When got a permit to build my 12'x18' house in the country the property appraiser came out to do an assessment. When they got back to the county office they LOWERED the property taxes by $600 a year.
It turns out my mom never told the county that her house burned down in 1984. She'd been paying property taxes like this was improved property for 20 years. I saved her a lot of money when I decided to build my house near those ruins so I could use the same well and driveway and power lines.
"Oh Barbara, you've GOT to get granite countertops for your kitchen, they are the best...." How did you just HAPPEN to pick MY name for this line, Justin?! I've been anti-granite this whole time. I had a friend replace the counters in his 3 yr old house with granite against my VEHEMENT objections. His kitchen has laminate FLOORS! That's just trashy.
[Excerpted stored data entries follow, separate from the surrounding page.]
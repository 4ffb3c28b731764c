-- ===== src/Api/Agreement.antt =====
-- The bucket of an account against the requests of the account that were let through.
use nftlox.Prelude.{
  ℕ, ◌≤◌, ◌<◌, Bool, ◌≡◌, sym, ap, ◌∙◌, List, [], ◌∷◌, ◌++◌, length, length-append, keep_where,
  arith, inl, inr, Bool-cases,
}
use nftlox.Api.RateLimiter.{in_window}
use nftlox.Api.Window.{Until, Until-later, keep_later, keep_fewer, keep-append}

module _ (max_requests window : ℕ) where
  -- The bucket and the history of an account agree on every window that ends after `last`.
  pub record Agree (last : ℕ) (times passed : List ℕ) : Type 0 where
    pub times_until : Until last times
    pub passed_until : Until last passed
    pub same :
        (now : ℕ)
        → last ≤ now
        → keep_where (in_window window now) times ≡ keep_where (in_window window now) passed
    pub few : length (keep_where (in_window window last) passed) ≤ max_requests

  Until-kept :
      (last : ℕ) (p : ℕ → Bool) (ts : List ℕ) → Until last ts → Until last (keep_where p ts)
  unfolding Until keep_where
  Until-kept last p [] u = tt
  Until-kept last p (t ∷ ts) u = elim (Bool-cases (p t)) [
    | inl e ↦ rw e (u.0, Until-kept last p ts u.1)
    | inr e ↦ rw e (Until-kept last p ts u.1)
  ]

  Until-pushed : (last : ℕ) (ts : List ℕ) → Until last ts → Until last (ts ++ last ∷ [])
  unfolding Until
  Until-pushed last [] u = (omega arith, tt)
  Until-pushed last (t ∷ ts) u = (u.0, Until-pushed last ts u.1)

  -- Old times are dropped from the bucket.
  pub Agree-kept :
      (last now : ℕ) (times passed : List ℕ)
      → last ≤ now
      → Agree last times passed
      → Agree now (keep_where (in_window window now) times) passed
  Agree-kept last now times passed h a =
      let until = Until-later last now times h a.times_until in
      let passed_until = Until-later last now passed h a.passed_until in
      record {
        times_until = Until-kept now (in_window window now) times until;
        passed_until = passed_until;
        same = λ later k.
            keep_later window now later times k until ∙ a.same later (omega (arith, h, k));
        few = omega (arith, a.few, keep_fewer window last now passed h a.passed_until);
      }

  -- A request is let through when fewer than the maximum are in the window.
  pub Agree-pushed :
      (now : ℕ) (times passed : List ℕ)
      → length (keep_where (in_window window now) times) < max_requests
      → Agree now times passed
      → Agree now (times ++ now ∷ []) (passed ++ now ∷ [])
  unfolding keep_where
  Agree-pushed now times passed h a = record {
    times_until = Until-pushed now times a.times_until;
    passed_until = Until-pushed now passed a.passed_until;
    same = λ later k.
        keep-append (in_window window later) times (now ∷ [])
        ∙ rw (a.same later k) (sym (keep-append (in_window window later) passed (now ∷ [])));
    few = ground (
      arith,
      h,
      ap length (a.same now (omega arith)),
      ap length (keep-append (in_window window now) passed (now ∷ [])),
      length-append (keep_where (in_window window now) passed)
          (keep_where (in_window window now) (now ∷ [])),
    );
  }

  pub later_Agree :
      (last now : ℕ) (times passed : List ℕ)
      → last ≤ now
      → Agree last times passed
      → Agree now times passed
  later_Agree last now times passed h a = record {
    times_until = Until-later last now times h a.times_until;
    passed_until = Until-later last now passed h a.passed_until;
    same = λ later k. a.same later (omega (arith, h, k));
    few = omega (arith, a.few, keep_fewer window last now passed h a.passed_until);
  }
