-- ===== src/Json.antt =====
-- The payload of an operation: `Record<string, unknown>` after JSON.parse. A number is an integer;
-- payload numbers with a fractional part are not modelled. `undefined` is a missing field.
use nftlox.Prelude.{ℕ, suc, String, Bool, true, false, ◌==◌, if◌then◌else◌}

pub data ℤ : Type 0 where
  pos : ℕ → ℤ
  negsuc : ℕ → ℤ

mutual
  pub data Value : Type 0 where
    undefined null : Value
    bool : Bool → Value
    num : ℤ → Value
    str : String → Value
    array : Items → Value
    object : Fields → Value

  pub data Fields : Type 0 where
    no_properties : Fields
    property : String → Value → Fields → Fields

  pub data Items : Type 0 where
    no_items : Items
    item : Value → Items → Items

-- `data.name`. JSON.parse keeps the last of two equal names, so a parsed object has each once.
unfoldable pub member : Fields → String → Value
member no_properties name = undefined
member (property k v fs) name = if k == name then v else member fs name

-- `Object.prototype.hasOwnProperty.call(data, name)`
unfoldable pub has_own : Fields → String → Bool
has_own no_properties name = false
has_own (property k v fs) name = if k == name then true else has_own fs name

unfoldable pub item_count : Items → ℕ
item_count no_items = 0
item_count (item v vs) = suc (item_count vs)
It's like women going in Walmart wearing $4 flip flops carrying a giant handbag with designer logos printed all over it.
I have solid surface counter in my kitchen that I bought from a surplus and salvage place that was covered up with the stuff when everybody started switching to granite. What will the granite be used for when everybody decides it's passé? Thermally massive floors next to a south facing window to soak up winter sun?
Just formaldehyde? What about all the other chemicals I'm sensitive to!
If the manufacturers remove formaldehyde in the glue, what kind of plasticizers might they start adding to the glue that are even worse for my chemical sensitivities? Phthalates? Latex?
When working in a brand new office trailer at a job site makes somebody sick it's probably not from just the cabinets and 1/8" plywood paneling outgassing formaldehyde. It's the combination of new vinyl flooring outgassing phthalates, the carpet pad or worse, glue, outgassing latex and solvents. And then somebody comes along and adds a phthalate based air freshener because they think the trailer stinks and that just puts the garnish on a bowl of toxic soup.
Some people are more sensitive to airborne chemicals -- according to my allergist, people with blue eyes just have thinner membranes that react more quickly to irritants just like their eyes are more sensitive to light than people with dark irises. I realize some of you work with these products every day with no bad reaction but that doesn't mean the problems the rest of us have with them aren't real.
If somebody tried they could construct a building of materials with the worst possible legal outgassing and achieve an illegal level of emissions that would bother even the toughest guy. But if they turned on the accompanying high dollar filtered ventilation and energy recovery system they could make make the air healthy again.
Building science is all about the big picture. This regulation can't really be about indoor air quality. JGlav sounds right to me. Still, I think it's good to make the cheapest products as harmless as possible. Like leaving lead out of children's toys -- it's a responsibility. But if they replace the lead with titanium heavily contaminated with uranium did we really get anywhere?